Dataset entries:
•••
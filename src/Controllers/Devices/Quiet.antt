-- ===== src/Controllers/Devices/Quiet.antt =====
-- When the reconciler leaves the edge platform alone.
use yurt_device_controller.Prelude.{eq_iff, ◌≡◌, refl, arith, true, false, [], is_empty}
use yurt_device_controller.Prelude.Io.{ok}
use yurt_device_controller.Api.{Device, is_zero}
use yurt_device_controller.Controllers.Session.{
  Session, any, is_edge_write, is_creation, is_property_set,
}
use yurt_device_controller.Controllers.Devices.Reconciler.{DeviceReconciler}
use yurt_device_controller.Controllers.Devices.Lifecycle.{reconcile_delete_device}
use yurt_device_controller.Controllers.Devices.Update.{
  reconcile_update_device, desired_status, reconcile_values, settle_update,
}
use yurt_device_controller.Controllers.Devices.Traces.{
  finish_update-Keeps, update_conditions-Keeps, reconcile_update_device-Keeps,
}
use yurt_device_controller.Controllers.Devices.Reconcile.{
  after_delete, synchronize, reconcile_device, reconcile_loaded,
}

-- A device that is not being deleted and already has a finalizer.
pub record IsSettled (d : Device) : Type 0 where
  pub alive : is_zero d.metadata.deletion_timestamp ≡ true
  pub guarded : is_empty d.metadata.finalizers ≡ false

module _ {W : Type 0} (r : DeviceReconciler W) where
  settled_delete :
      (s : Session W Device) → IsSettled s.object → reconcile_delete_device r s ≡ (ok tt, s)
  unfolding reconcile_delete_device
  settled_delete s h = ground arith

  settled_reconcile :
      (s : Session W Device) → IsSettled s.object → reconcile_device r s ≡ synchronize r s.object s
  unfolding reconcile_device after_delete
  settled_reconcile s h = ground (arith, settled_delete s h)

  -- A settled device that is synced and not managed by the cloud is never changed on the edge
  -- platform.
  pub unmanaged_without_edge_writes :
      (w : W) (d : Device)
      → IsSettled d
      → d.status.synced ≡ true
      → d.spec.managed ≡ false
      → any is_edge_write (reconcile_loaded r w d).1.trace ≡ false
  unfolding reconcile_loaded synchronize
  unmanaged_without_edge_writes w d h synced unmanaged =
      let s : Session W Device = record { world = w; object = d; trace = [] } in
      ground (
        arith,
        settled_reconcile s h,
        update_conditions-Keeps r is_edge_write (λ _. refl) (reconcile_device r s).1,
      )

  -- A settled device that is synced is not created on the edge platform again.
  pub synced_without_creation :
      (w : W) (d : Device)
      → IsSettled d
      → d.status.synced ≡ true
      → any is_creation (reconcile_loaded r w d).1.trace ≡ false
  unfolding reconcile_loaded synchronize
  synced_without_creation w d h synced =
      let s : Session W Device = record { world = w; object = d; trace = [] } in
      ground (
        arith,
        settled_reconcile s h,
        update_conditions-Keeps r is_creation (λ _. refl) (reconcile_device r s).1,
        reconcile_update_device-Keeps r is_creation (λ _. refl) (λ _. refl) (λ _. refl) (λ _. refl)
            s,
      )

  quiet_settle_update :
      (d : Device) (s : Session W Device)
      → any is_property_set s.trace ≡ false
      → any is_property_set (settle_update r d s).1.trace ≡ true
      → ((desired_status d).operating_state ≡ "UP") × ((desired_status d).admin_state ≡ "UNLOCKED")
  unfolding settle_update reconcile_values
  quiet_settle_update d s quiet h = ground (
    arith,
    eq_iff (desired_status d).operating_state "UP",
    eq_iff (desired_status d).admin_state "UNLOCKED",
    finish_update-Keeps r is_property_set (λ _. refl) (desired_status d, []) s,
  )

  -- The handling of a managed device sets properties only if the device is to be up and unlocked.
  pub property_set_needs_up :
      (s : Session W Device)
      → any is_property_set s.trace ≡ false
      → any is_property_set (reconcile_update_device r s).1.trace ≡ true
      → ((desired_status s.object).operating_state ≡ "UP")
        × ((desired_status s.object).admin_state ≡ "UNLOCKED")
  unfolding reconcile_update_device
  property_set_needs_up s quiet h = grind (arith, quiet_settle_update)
•••
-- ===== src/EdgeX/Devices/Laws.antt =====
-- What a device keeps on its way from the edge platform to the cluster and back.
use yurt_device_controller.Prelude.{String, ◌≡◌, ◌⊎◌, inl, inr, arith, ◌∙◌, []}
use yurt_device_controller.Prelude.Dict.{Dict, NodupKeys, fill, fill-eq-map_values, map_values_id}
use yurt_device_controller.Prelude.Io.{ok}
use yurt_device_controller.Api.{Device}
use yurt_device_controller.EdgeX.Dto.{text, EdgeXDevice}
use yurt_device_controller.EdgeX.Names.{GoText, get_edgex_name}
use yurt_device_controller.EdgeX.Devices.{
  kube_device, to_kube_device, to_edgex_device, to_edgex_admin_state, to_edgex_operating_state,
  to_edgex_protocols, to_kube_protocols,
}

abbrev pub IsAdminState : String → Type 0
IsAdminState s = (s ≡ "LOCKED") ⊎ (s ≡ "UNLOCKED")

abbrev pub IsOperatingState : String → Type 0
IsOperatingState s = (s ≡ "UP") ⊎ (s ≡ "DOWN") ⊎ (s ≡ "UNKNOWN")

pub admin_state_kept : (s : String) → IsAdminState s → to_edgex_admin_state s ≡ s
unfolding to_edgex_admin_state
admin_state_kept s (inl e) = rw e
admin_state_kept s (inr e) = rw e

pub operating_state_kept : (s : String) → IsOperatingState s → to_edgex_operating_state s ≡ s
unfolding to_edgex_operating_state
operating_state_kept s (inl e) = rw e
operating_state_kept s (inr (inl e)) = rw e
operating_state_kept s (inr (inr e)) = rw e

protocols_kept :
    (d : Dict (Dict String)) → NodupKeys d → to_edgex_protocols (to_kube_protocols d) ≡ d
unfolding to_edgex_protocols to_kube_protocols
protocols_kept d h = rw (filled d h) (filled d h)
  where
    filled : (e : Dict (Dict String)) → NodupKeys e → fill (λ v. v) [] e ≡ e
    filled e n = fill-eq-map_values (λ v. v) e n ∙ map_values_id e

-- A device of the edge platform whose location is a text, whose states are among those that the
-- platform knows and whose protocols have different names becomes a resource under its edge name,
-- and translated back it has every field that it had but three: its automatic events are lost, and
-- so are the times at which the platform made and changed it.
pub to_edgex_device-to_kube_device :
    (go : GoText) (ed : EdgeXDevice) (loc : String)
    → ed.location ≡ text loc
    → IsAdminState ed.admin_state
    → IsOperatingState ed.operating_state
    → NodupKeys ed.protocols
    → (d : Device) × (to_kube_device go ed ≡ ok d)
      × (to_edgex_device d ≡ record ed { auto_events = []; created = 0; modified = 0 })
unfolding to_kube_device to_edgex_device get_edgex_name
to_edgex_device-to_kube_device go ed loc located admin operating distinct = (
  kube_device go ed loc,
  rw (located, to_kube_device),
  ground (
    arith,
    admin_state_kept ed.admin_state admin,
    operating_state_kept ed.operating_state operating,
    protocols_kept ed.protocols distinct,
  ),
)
•••
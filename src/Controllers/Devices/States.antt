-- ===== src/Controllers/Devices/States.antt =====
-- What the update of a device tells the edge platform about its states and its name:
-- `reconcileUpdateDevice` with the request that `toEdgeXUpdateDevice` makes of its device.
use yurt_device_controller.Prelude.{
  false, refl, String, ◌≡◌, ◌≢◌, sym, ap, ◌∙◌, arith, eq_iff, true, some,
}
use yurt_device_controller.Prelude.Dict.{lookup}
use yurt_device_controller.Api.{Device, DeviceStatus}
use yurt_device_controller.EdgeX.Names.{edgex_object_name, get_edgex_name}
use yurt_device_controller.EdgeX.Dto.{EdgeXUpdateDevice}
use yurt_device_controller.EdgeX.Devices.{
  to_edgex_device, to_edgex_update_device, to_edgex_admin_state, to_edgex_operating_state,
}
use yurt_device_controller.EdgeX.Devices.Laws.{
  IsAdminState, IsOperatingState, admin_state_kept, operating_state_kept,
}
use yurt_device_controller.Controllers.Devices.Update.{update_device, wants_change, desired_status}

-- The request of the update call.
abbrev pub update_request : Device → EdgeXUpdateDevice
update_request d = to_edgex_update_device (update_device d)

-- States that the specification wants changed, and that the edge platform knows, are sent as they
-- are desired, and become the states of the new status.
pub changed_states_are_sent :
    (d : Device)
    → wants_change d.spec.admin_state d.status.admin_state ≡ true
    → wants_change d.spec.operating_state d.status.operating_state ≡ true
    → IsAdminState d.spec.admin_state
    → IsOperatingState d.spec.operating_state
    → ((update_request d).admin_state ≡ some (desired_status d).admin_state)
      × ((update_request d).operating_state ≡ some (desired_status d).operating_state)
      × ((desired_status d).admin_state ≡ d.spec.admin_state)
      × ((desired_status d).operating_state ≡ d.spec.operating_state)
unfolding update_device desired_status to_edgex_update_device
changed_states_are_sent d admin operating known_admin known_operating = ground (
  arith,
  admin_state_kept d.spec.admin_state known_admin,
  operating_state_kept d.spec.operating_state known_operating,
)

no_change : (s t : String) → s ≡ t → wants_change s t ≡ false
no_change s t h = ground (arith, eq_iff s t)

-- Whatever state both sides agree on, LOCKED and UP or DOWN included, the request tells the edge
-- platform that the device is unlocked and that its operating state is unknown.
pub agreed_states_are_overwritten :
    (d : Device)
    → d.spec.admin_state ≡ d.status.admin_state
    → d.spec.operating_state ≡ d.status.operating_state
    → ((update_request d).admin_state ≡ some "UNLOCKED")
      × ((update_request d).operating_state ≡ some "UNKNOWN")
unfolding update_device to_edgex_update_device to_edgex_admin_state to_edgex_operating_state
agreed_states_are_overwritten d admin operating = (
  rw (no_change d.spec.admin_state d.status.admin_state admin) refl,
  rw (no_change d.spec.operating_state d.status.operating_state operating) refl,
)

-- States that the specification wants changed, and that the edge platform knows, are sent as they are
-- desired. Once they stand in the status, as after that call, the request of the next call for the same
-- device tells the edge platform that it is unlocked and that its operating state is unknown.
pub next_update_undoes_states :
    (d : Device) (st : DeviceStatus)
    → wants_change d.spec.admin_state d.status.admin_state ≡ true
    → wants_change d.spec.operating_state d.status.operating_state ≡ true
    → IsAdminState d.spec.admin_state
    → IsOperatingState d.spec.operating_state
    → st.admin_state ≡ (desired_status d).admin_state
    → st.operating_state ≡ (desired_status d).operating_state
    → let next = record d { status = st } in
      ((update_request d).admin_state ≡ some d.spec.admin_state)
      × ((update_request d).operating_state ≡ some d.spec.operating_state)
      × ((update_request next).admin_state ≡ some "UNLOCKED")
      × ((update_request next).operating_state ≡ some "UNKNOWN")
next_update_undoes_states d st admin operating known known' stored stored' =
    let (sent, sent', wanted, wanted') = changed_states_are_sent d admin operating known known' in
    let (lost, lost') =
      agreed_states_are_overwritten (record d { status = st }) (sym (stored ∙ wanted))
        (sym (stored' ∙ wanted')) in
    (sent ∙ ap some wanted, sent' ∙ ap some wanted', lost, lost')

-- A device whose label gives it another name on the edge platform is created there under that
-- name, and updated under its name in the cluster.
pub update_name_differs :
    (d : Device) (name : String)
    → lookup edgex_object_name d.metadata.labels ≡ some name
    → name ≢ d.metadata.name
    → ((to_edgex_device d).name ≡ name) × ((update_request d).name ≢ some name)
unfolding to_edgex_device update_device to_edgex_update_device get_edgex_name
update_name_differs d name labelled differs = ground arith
•••
● **What you are asked to do**
Reprint exactly the lines above that start at the one with "next_update_undoes_states d st" and end at the one with "agreed_states_are_overwritten (record d", keeping both and adding none.

● **Response below**
next_update_undoes_states d st admin operating known known' stored stored' =
    let (sent, sent', wanted, wanted') = changed_states_are_sent d admin operating known known' in
    let (lost, lost') =
      agreed_states_are_overwritten (record d { status = st }) (sym (stored ∙ wanted))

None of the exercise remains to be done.